Key points:
- Through their anti-aging investments, Bezos, Zuckerberg, and other billionaires have propelled research against the buildup of dysfunctional cells that contribute to aging — senescent cells.
- Elon Musk believes life extension-focused research is a waste of money.
Aging research breakthroughs over the past few years have spurred billionaires like Amazon founder Jeff Bezos and Facebook creator Mark Zuckerberg to use their fortunes to help figure out how to extend human lifespans. Their investments are driving the rapid development of technologies related to removing dysfunctional cells that contribute to aging — senescent cells — and cellular rejuvenation. However, the world’s richest person, Elon Musk, is not buying this hype.
Musk believes that extending human lifespan will perpetuate a kind of cultural stagnation since the majority of people’s mindsets are frozen in time and do not change with age. He thinks that if people do not just die, our society will be stuck with old ideas, which will stifle its advancement.
Musk is not alone in drawing caution for the idea of helping people live longer. For example, Christopher Wareham, a bioethicist and Utrecht University professor, says that these scientific advances may “exacerbate all the kinds of existing inequalities,” which society is already hampered with. Along those lines, due to the cost-prohibitive nature of these age-slowing treatments, billionaires like Bezos and Zuckerberg would have even more time to further accumulate wealth while the majority of the population would be left unable to afford the treatment. In other words, the longer wealthy people are around, the more their wealth continues to proliferate. Moreover, the wealthier these people become, the more political influence they will acquire.
Billionaires Bezos and Zuckerberg Abundantly Contribute to Anti-Aging Research
In 2021, Bezos reportedly invested in the California-based aging research biotech startup Altos Labs. This biotech company focuses on cellular rejuvenation with the activation of four genes called Yamanaka factors that have been found to revert aged cells to a more youthful state. Altos Labs’ mission is to restore cellular health and resilience and reverse age-related diseases with this technology.
If that is not enough, Bezos has also invested in the San Francisco-based biotech company Unity Biotechnology that researches how to rid the body of senescent cells. With the elimination of these cells, the company aims to slow, halt, or reverse age-related diseases.
On the topic of billionaires, Zuckerberg and his wife Priscilla Chan have both co-founded the Breakthrough Prize, which awards a $3 million prize to aging scientists annually who make “transformative advances toward understanding living systems and extending human life,” according to its website.
Furthermore, according to the New Yorker, a co-founder of Oracle, a company that specializes in online data storage clouds, Larry Ellison, has donated $370 million to anti-aging research. Moreover, Google co-founders Sergey Brin and Larry Page have launched an aging research biotech startup called Calico that seeks to slow or reverse age-related diseases like Alzheimer’s disease and diabetes.

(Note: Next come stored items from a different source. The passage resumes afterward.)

-- ===== src/Step/Build/Parts.antt =====
-- `run` behind the gate, cut between its phases.
use kernelbuild_buildkit.Common.{Option}
use kernelbuild_buildkit.Seed.{SeedConfig}
use kernelbuild_buildkit.Step.Build.{
  Setting, bundle_kconfigs, require_modules, compile, copy_artifacts, copy_file, pack_modules,
  publish, when, out_config,
}
use kernelbuild_buildkit.Step.Configure.{config_name}
use kernelbuild_buildkit.Step.Report.{R, ◌>>◌}
use kernelbuild_buildkit.Targets.{Plan}

module _ (b : Setting) where
  -- The parts of `export_plan`, from the last one.
  abbrev pub modules_of : Plan → Option SeedConfig → R (Unit {0})
  modules_of q seed = when b q.want_modules (pack_modules b) >> publish b seed

  abbrev pub config_of : Plan → Option SeedConfig → R (Unit {0})
  config_of q seed = when b q.want_config (copy_file b config_name out_config) >> modules_of q seed

  abbrev pub artifacts_of : Plan → Option SeedConfig → R (Unit {0})
  artifacts_of q seed = copy_artifacts b q.artifacts >> config_of q seed

  abbrev pub compiled_of : Plan → Option SeedConfig → R (Unit {0})
  compiled_of q seed = compile b q.make_targets >> artifacts_of q seed

  abbrev pub checked_of : Plan → Option SeedConfig → R (Unit {0})
  checked_of q seed = when b q.want_modules (require_modules b) >> compiled_of q seed

  abbrev pub exports_of : Plan → Option SeedConfig → R (Unit {0})
  exports_of q seed = when b q.want_kconfigs (bundle_kconfigs b) >> checked_of q seed
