-- ===== src/Step/Build/Has.antt =====
-- What is on the log of a run in two parts that succeeds.
use kernelbuild_buildkit.Common.{
  ◌≡◌, refl, sym, ◌⊎◌, inl, inr, List, [], ◌∷◌, ◌++◌, Result, ok, err, subst,
}
use kernelbuild_buildkit.Step.Build.Log.{exports, exports-append}
use kernelbuild_buildkit.Step.Mount.{Mount}
use kernelbuild_buildkit.Step.Report.{RunError, Export, R, ◌>>=◌, proceed}

-- An export is on the log, from a mount with `P`.
abbrev pub Has : (Mount → Type 0) → Export → List (Mount × Export) → Type 0
Has P x [] = ⊥
Has P x ((m, y) ∷ l) = ((y ≡ x) × P m) ⊎ Has P x l

module _ (P : Mount → Type 0) (x : Export) where
  pub Has-front : (l k : List (Mount × Export)) → Has P x l → Has P x (l ++ k)
  Has-front [] k h = absurd h
  Has-front ((m, y) ∷ l) k (inl e) = inl e
  Has-front ((m, y) ∷ l) k (inr h) = inr (Has-front l k h)

  pub Has-back : (l k : List (Mount × Export)) → Has P x k → Has P x (l ++ k)
  Has-back [] k h = h
  Has-back ((m, y) ∷ l) k h = inr (Has-back l k h)

-- A run in two parts that succeeds: both have succeeded, and the log has what either has.
pub record BothOk {A B : Type 0} (p : R A) (f : A → R B) (m : Mount) (c : B) : Type 0 where
  pub value : A
  pub first : (p m).outcome ≡ ok value
  pub second : (f value (p m).mount).outcome ≡ ok c
  pub log :
      exports ((p >>= f) m).events ≡ exports (p m).events ++ exports (f value (p m).mount).events

pub both_ok :
    {A B : Type 0}
    → (p : R A) (f : A → R B) (m : Mount) (c : B) → ((p >>= f) m).outcome ≡ ok c
    → BothOk p f m c
both_ok {A} {B} p f m c h =
    let (a, e, g, l) = by_outcome (p m).outcome h in
    record { value = a; first = e; second = g; log = l }
  where
    by_outcome :
        (o : Result RunError A)
        → (proceed o (p m).mount (p m).events f).outcome ≡ ok c
        → (a : A) × (o ≡ ok a)
          × ((f a (p m).mount).outcome ≡ ok c)
          × (exports (proceed o (p m).mount (p m).events f).events
              ≡ exports (p m).events ++ exports (f a (p m).mount).events)
    by_outcome (err e) k = cc
    by_outcome (ok a) k = (a, refl, k, exports-append (p m).events (f a (p m).mount).events)

-- Whatever is on the first log is on the second.
abbrev pub Within : List (Mount × Export) → List (Mount × Export) → Type 1
Within u v = (P : Mount → Type 0) (x : Export) → Has P x u → Has P x v

module _ {A B : Type 0} (p : R A) (f : A → R B) (m : Mount) (c : B) (b : BothOk p f m c) where
  pub first-Within : Within (exports (p m).events) (exports ((p >>= f) m).events)
  first-Within P x h =
      subst (Has P x) (sym b.log)
        (Has-front P x (exports (p m).events) (exports (f b.value (p m).mount).events) h)

  pub second-Within : Within (exports (f b.value (p m).mount).events) (exports ((p >>= f) m).events)
  second-Within P x h =
      subst (Has P x) (sym b.log)
        (Has-back P x (exports (p m).events) (exports (f b.value (p m).mount).events) h)
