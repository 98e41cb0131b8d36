-- ===== src/Wal/Persistent.antt =====
-- PersistentRaftWal (src/lib.rs): the segmented log in files, one file to a segment.
pub mod Disk
pub mod Lines
pub mod Scan
pub mod Files
pub mod Log
pub mod Maintain
pub mod Layout
pub mod Roll
pub mod Append
pub mod Filed
pub mod Reopen
pub mod Torn
pub mod Crash
pub mod Compact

Recent Breakthroughs in Cell Rejuvenation and Senescent Cell Cleanup Have Prompted Ambition
While anti-aging research endeavors started slowly, with discoveries that were possibly few and far between, aging scientists have had a series of recent breakthroughs. In this regard, they have been able to pinpoint environmental and biological contributors to aging like DNA damage and senescent cell accumulation. By doing so, they have come up with techniques to reverse some of these signs of aging and rejuvenate cells.
As an example, in April 2022, researchers figured out how to partially reprogram human skin cells to a more youthful state, even recovering some of their functions that had been lost with age. In this way, the cells were rejuvenated, providing hope for applying this technology to revive aged cells in living humans. However, human trials are still necessary to confirm that this technology works without causing cancer.
Another example is that researchers are coming up with new and more effective ways to rid the body of senescent cells, which drive aging. Studies in animal models like mice have shown that using new compounds like quercetin, fisetin, and dasatinib helps remove these cells to slow down aging and possibly reverse aging.
As such, Nir Barzilai, the director of the Institute for Aging Research at New York’s Albert Einstein College of Medicine, believes humans may be able to undergo possible age-slowing senescent cell removal treatments by the end of this year.
“We are done with hope and promise,” Barzilai told the Financial Times. “We are at the point between having promise and realizing it.”